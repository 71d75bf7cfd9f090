-- ===== src/Inventory/Tree/Loading/Built.antt =====
-- The tree that is built: its hosts, their places and the numbers of its folders
-- (src/inventory/tree.rs).
use color_ssh.Base.{
  ℕ, suc, ◌+◌, ◌≤◌, ◌<◌, ltb, leb, ◌&&◌, ◌==◌, Text, Result, ok, Option, none, some, List, [], ◌∷◌,
  if◌then◌else◌, length, ◌≡◌, refl, inl, inr, arith, subst, Result-cases,
}
use color_ssh.Inventory.Model.{ParsedInventoryDocument}
use color_ssh.Inventory.Patterns.{Paths}
use color_ssh.Inventory.Normalize.{InventoryError}
use color_ssh.Inventory.Tree.Folders.{
  Folder, Folders, folder, no_folder, child, new, TreeFolder, tree_folder, TreeFolders, none_left,
  tree, finalize_folder, finalize_folders, sorted_index, sorted_indices, sorted_folder,
  sort_tree_folder_by_host_name, sort_tree_folders,
}
use color_ssh.Inventory.Tree.Loading.{
  Loaded, load_document_recursive, InventoryTreeModel, build_inventory_tree, finished, or_default,
  lookup,
}
use color_ssh.Inventory.Tree.Loading.Unique.{
  occurrences, places, places_below, named, IsUnique, IsKept, present,
}
use color_ssh.Inventory.Tree.Loading.Places.{load-Keeps}

-- How often a number stands in the lists of host indices, and how many folders have it.
unfoldable mutual
  unfolding occurrences

  pub tree_places : ℕ → TreeFolder → ℕ
  tree_places i (tree_folder id name path children host_indices) =
      occurrences i host_indices + trees_places i children

  pub trees_places : ℕ → TreeFolders → ℕ
  trees_places i none_left = 0
  trees_places i (tree f rest) = tree_places i f + trees_places i rest

unfoldable mutual
  pub tree_ids : ℕ → TreeFolder → ℕ
  tree_ids i (tree_folder id name path children host_indices) =
      (if id == i then 1 else 0) + trees_ids i children

  pub trees_ids : ℕ → TreeFolders → ℕ
  trees_ids i none_left = 0
  trees_ids i (tree f rest) = tree_ids i f + trees_ids i rest

mutual
  unfolding finalize_folder tree_places places

  places-finalize :
      (i : ℕ) (f : Folder) (n : ℕ) → tree_places i (finalize_folder f n).0 ≡ places i f
  places-finalize i (folder name path children host_indices) n =
      ground (arith, places-finalize_folders i children (suc n))

  places-finalize_folders :
      (i : ℕ) (fs : Folders) (n : ℕ) → trees_places i (finalize_folders fs n).0 ≡ places_below i fs
  places-finalize_folders i no_folder n = refl
  places-finalize_folders i (child f rest) n =
      ground (arith, places-finalize i f n, places-finalize_folders i rest (finalize_folder f n).1)

-- The numbers from `n` to below `m`.
abbrev between : ℕ → ℕ → ℕ → ℕ
between n m i = if leb n i && ltb i m then 1 else 0

mutual
  unfolding finalize_folder tree_ids

  ids-finalize :
      (i : ℕ) (f : Folder) (n : ℕ)
      → (tree_ids i (finalize_folder f n).0 ≡ between n (finalize_folder f n).1 i)
        × (n < (finalize_folder f n).1)
  ids-finalize i (folder name path children host_indices) n =
      let below = ids-finalize_folders i children (suc n) in
      (ground (arith, below.0, below.1), ground (arith, below.1))

  ids-finalize_folders :
      (i : ℕ) (fs : Folders) (n : ℕ)
      → (trees_ids i (finalize_folders fs n).0 ≡ between n (finalize_folders fs n).1 i)
        × (n ≤ (finalize_folders fs n).1)
  ids-finalize_folders i no_folder n = (ground arith, omega arith)
  ids-finalize_folders i (child f rest) n =
      let first = ids-finalize i f n in
      let others = ids-finalize_folders i rest (finalize_folder f n).1 in
      (ground (arith, first.0, first.1, others.0, others.1), ground (arith, first.1, others.1))

module _ {A : Type 0} (hosts : List A) (host_name : A → Text) (i : ℕ) where
  occurrences-sorted_index :
      (j : ℕ) (js : List ℕ)
      → occurrences i (sorted_index hosts host_name j js)
        ≡ (if j == i then 1 else 0) + occurrences i js
  unfolding sorted_index occurrences
  occurrences-sorted_index j [] = refl
  occurrences-sorted_index j (k ∷ js) = ground (arith, occurrences-sorted_index j js)

  occurrences-sorted :
      (js : List ℕ) → occurrences i (sorted_indices hosts host_name js) ≡ occurrences i js
  unfolding sorted_indices occurrences
  occurrences-sorted [] = refl
  occurrences-sorted (j ∷ js) =
      ground (
        arith,
        occurrences-sorted_index j (sorted_indices hosts host_name js),
        occurrences-sorted js,
      )

  places-sorted_folder :
      (f : TreeFolder) (fs : TreeFolders)
      → trees_places i (sorted_folder hosts host_name f fs) ≡ tree_places i f + trees_places i fs
  unfolding sorted_folder tree_places
  places-sorted_folder f none_left = refl
  places-sorted_folder f (tree g rest) = ground (arith, places-sorted_folder f rest)

  ids-sorted_folder :
      (f : TreeFolder) (fs : TreeFolders)
      → trees_ids i (sorted_folder hosts host_name f fs) ≡ tree_ids i f + trees_ids i fs
  unfolding sorted_folder tree_ids
  ids-sorted_folder f none_left = refl
  ids-sorted_folder f (tree g rest) = ground (arith, ids-sorted_folder f rest)

  mutual
    unfolding sort_tree_folder_by_host_name tree_places tree_ids

    sort-keeps :
        (f : TreeFolder)
        → let sorted = sort_tree_folder_by_host_name hosts host_name f in
          (tree_places i sorted ≡ tree_places i f) × (tree_ids i sorted ≡ tree_ids i f)
    sort-keeps (tree_folder id name path children host_indices) =
        let below = sort_all-keeps children in
        (ground (arith, below.0, occurrences-sorted host_indices), ground (arith, below.1))

    sort_all-keeps :
        (fs : TreeFolders)
        → let sorted = sort_tree_folders hosts host_name fs in
          (trees_places i sorted ≡ trees_places i fs) × (trees_ids i sorted ≡ trees_ids i fs)
    sort_all-keeps none_left = (refl, refl)
    sort_all-keeps (tree f rest) =
        let first = sort-keeps f in
        let others = sort_all-keeps rest in
        let g = sort_tree_folder_by_host_name hosts host_name f in
        let gs = sort_tree_folders hosts host_name rest in
        (
          ground (arith, first.0, others.0, places-sorted_folder g gs),
          ground (arith, first.1, others.1, ids-sorted_folder g gs),
        )

-- What holds of a tree with its hosts: no two hosts have a name in common, each index of a host
-- stands at one place of the tree and no other index at any, and no two folders have one number.
pub record IsTree (model : InventoryTreeModel) : Type 0 where
  pub one_name : (name : Text) → named name model.hosts ≤ 1
  pub one_place : (i : ℕ) → tree_places i model.root ≡ (if ltb i (length model.hosts) then 1 else 0)
  pub one_number : (i : ℕ) → tree_ids i model.root ≤ 1

module _ (paths : Paths)
    (parse_inventory_document : Text → Result InventoryError ParsedInventoryDocument) where
  abbrev start : Loaded
  start = record { hosts = []; seen_host_names = []; visited = [] }

  start-IsUnique : IsUnique start
  unfolding named lookup
  start-IsUnique = record { once = λ name. refl }

  present-le : (o : Option Text) → present o ≤ 1
  present-le none = omega arith
  present-le (some path) = omega arith

  finished-IsTree :
      (f : Folder) (path name : Text) (s : Loaded) (model : InventoryTreeModel)
      → finished paths parse_inventory_document (ok (f, s)) ≡ ok model
      → IsKept places (new name path) start (ok (f, s))
      → IsTree model
  unfolding IsKept places occurrences
  finished-IsTree f path name s model h kept =
      let root = (finalize_folder f 0).0 in
      let built : InventoryTreeModel = record {
        root = sort_tree_folder_by_host_name s.hosts (λ host. host.name) root;
        hosts = s.hosts;
      } in
      let is : built ≡ model = ground (arith, h) in
      subst (λ model. IsTree model) is
        (record {
          one_name = λ name.
              let once = (kept.1 start-IsUnique).once name in
              ground (arith, once, present-le (lookup name s.seen_host_names));
          one_place = λ i.
              let k = kept.0 i in
              ground (
                arith,
                k,
                (sort-keeps s.hosts (λ host. host.name) i root).0,
                places-finalize i f 0,
              );
          one_number = λ i.
              ground
                (arith, (sort-keeps s.hosts (λ host. host.name) i root).1, (ids-finalize i f 0).0);
        })

  -- A tree that is built is in order: no two of its hosts have a name in common, each host stands at
  -- one place of the tree and nothing else does, and no two folders have the same number.
  pub build_inventory_tree-IsTree :
      (fuel : ℕ) (path : Text) (model : InventoryTreeModel)
      → build_inventory_tree paths parse_inventory_document fuel path ≡ ok model
      → IsTree model
  unfolding build_inventory_tree
  build_inventory_tree-IsTree fuel path model h =
      let name = or_default paths parse_inventory_document (paths.file_name path) in
      elim (Result-cases (
        load_document_recursive paths parse_inventory_document fuel path [] (new name path)
          start)) [
            | inr (e, r) ↦ absurd (ground (arith, r))
            | inl ((f, s), r) ↦ finished-IsTree f path name s model (ground (arith, h, r)) (
                subst (λ r. IsKept places (new name path) start r) r
                  ((load-Keeps paths parse_inventory_document fuel path []).kept (new name path)
                    start))
          ]
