-- ===== src/Inventory/Tree/Loading/Examples.antt =====
-- An inventory of two files that include each other.
use color_ssh.Base.{
  Text, codes, text_eq, text_eq_iff, Result, ok, err, none, some, true, false, [], ◌∷◌, ◌≡◌, ◌≢◌,
  refl, arith,
}
use color_ssh.Inventory.Model.{
  ssh, InventoryHostRaw, host, none_left, node, ParsedInventoryDocument,
}
use color_ssh.Inventory.Patterns.{Paths}
use color_ssh.Inventory.Normalize.{InventoryError, normalized, invalid_inventory, unreadable}
use color_ssh.Inventory.Tree.Folders.{tree_folder, tree, none_left}
use color_ssh.Inventory.Tree.Loading.{
  InventoryTreeModel, build_inventory_tree, out_of_fuel, is_visited,
}
use color_ssh.Inventory.Tree.Loading.Bounded.{build_inventory_tree-ends}
use color_ssh.Inventory.Tree.Loading.Built.{IsTree, build_inventory_tree-IsTree}

abbrev paths : Paths
paths = record {
  home_dir = none;
  canonicalize = λ path. path;
  parent = λ path. codes "/";
  file_name = λ path. none;
  file_stem = λ path. none;
  is_file = λ path. true;
  read_dir = λ path. [];
}

abbrev raw : Text → InventoryHostRaw
raw name = record {
  name = name;
  description = none;
  protocol = ssh;
  host = some (codes "10.0.0.2");
  user = none;
  port = none;
  profile = none;
  vault_pass = none;
  hidden = false;
  identity_files = [];
  identities_only = none;
  proxy_jump = none;
  proxy_command = none;
  forward_agent = none;
  local_forward = [];
  remote_forward = [];
  ssh_options = [];
  rdp_domain = none;
  rdp_args = [];
}

abbrev including : Text → Text → ParsedInventoryDocument
including pattern name = record {
  include = (record { pattern = pattern; folder_path = [] }) ∷ [];
  inventory = node (host (raw name)) none_left;
}

abbrev a : Text
a = codes "/a"

abbrev b : Text
b = codes "/b"

unfoldable parse : Text → Result InventoryError ParsedInventoryDocument
parse path = elim (text_eq path a) [
  | true ↦ ok (including b (codes "web"))
  | false ↦ elim (text_eq path b) [
    | true ↦ ok (including a (codes "db"))
    | false ↦ err (invalid_inventory path (unreadable path))
  ]
]

readable :
    (path : Text) (document : ParsedInventoryDocument)
    → parse path ≡ ok document
    → is_visited path (a ∷ b ∷ []) ≡ true
unfolding parse
readable path document h =
    ground
      (arith, h, text_eq_iff path a, text_eq_iff path b, text_eq_iff a path, text_eq_iff b path)

build_inventory_tree-ends_example : build_inventory_tree paths parse 3 a ≢ err out_of_fuel
build_inventory_tree-ends_example = build_inventory_tree-ends (a ∷ b ∷ []) paths parse readable a

abbrev both : InventoryTreeModel
both = record {
  root =
      tree_folder 0 (codes "cossh-inventory.yaml") a
        (tree (tree_folder 1 (codes "include") b none_left (0 ∷ [])) none_left) (1 ∷ []);
  hosts =
      normalized none (raw (codes "db")) b (codes "include" ∷ []) (codes "10.0.0.2")
      ∷ normalized none (raw (codes "web")) a [] (codes "10.0.0.2")
      ∷ [];
}

build_inventory_tree-IsTree_example : IsTree both
unfolding build_inventory_tree parse
build_inventory_tree-IsTree_example = build_inventory_tree-IsTree paths parse 3 a both refl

» **TASK**: Check each line of the records above for the string "lookup", and report every line that has it.

» **EXERCISE RESPONSE**:
  lookup,
  unfolding named lookup
              ground (arith, once, present-le (lookup name s.seen_host_names));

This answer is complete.